Work to complete
What is needed is an exact copy of the lines in the listing below, from the one with "deliver-quarantines (suc left) []" up to and including the one with "rw (on_event-fault e i runs", with no other lines.

Records for the task
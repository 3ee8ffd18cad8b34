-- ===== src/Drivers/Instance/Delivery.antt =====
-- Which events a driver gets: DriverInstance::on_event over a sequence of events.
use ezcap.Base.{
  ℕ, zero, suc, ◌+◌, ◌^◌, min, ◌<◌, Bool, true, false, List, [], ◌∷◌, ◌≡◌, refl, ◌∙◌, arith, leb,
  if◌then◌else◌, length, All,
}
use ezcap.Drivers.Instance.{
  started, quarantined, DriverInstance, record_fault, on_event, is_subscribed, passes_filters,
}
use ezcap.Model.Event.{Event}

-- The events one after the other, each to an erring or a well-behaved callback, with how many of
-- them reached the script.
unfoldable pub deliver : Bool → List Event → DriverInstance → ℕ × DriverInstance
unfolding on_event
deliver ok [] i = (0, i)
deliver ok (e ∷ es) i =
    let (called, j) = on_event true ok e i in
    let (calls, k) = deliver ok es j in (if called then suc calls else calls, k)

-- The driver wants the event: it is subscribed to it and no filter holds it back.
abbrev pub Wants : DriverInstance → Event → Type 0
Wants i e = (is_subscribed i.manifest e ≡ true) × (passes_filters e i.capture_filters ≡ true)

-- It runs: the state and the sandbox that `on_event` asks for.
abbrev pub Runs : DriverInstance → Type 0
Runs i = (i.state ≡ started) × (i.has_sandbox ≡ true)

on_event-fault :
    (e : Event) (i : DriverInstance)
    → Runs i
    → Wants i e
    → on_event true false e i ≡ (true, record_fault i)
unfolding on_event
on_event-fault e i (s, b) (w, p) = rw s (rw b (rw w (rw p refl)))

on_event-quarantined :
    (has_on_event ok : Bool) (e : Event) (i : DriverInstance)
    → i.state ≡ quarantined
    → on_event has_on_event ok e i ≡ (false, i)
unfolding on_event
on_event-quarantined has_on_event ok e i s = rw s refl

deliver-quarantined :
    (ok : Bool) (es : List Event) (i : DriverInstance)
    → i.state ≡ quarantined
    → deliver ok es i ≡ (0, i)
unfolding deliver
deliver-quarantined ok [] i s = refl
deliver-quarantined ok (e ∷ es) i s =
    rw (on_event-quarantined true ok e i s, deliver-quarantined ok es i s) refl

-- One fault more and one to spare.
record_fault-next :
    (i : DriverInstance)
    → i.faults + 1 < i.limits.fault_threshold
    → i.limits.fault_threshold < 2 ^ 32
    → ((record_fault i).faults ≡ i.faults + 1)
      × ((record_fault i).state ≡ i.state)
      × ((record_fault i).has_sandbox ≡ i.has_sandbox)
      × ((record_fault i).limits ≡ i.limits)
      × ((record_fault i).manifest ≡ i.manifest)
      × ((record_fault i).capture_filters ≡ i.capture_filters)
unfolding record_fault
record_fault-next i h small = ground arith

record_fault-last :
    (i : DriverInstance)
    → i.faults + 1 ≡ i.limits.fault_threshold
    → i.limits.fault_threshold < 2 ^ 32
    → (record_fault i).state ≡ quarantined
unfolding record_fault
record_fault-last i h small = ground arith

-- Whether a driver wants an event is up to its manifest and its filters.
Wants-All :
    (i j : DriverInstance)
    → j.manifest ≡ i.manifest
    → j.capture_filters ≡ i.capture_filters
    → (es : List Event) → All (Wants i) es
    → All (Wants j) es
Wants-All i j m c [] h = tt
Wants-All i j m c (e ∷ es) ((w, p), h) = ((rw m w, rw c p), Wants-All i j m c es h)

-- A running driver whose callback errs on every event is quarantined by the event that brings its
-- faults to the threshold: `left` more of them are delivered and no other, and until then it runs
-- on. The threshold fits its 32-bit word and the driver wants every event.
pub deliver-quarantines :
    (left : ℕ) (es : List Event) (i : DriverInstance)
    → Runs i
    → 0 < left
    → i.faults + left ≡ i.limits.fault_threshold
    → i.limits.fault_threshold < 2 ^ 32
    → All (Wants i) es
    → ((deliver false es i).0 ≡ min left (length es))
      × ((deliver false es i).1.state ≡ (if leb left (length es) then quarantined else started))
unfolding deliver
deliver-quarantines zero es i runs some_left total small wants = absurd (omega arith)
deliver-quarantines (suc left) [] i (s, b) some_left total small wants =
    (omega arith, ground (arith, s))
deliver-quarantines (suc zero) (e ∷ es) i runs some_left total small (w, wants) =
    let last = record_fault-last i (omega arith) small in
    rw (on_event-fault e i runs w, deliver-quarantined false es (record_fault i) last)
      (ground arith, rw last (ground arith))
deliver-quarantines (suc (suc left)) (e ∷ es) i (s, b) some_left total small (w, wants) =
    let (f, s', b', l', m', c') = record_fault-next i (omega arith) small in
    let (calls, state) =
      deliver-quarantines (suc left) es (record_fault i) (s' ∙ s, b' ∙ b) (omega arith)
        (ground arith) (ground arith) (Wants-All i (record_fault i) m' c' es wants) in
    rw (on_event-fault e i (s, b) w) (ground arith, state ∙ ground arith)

Your response
deliver-quarantines (suc left) [] i (s, b) some_left total small wants =
    (omega arith, ground (arith, s))
deliver-quarantines (suc zero) (e ∷ es) i runs some_left total small (w, wants) =
    let last = record_fault-last i (omega arith) small in
    rw (on_event-fault e i runs w, deliver-quarantined false es (record_fault i) last)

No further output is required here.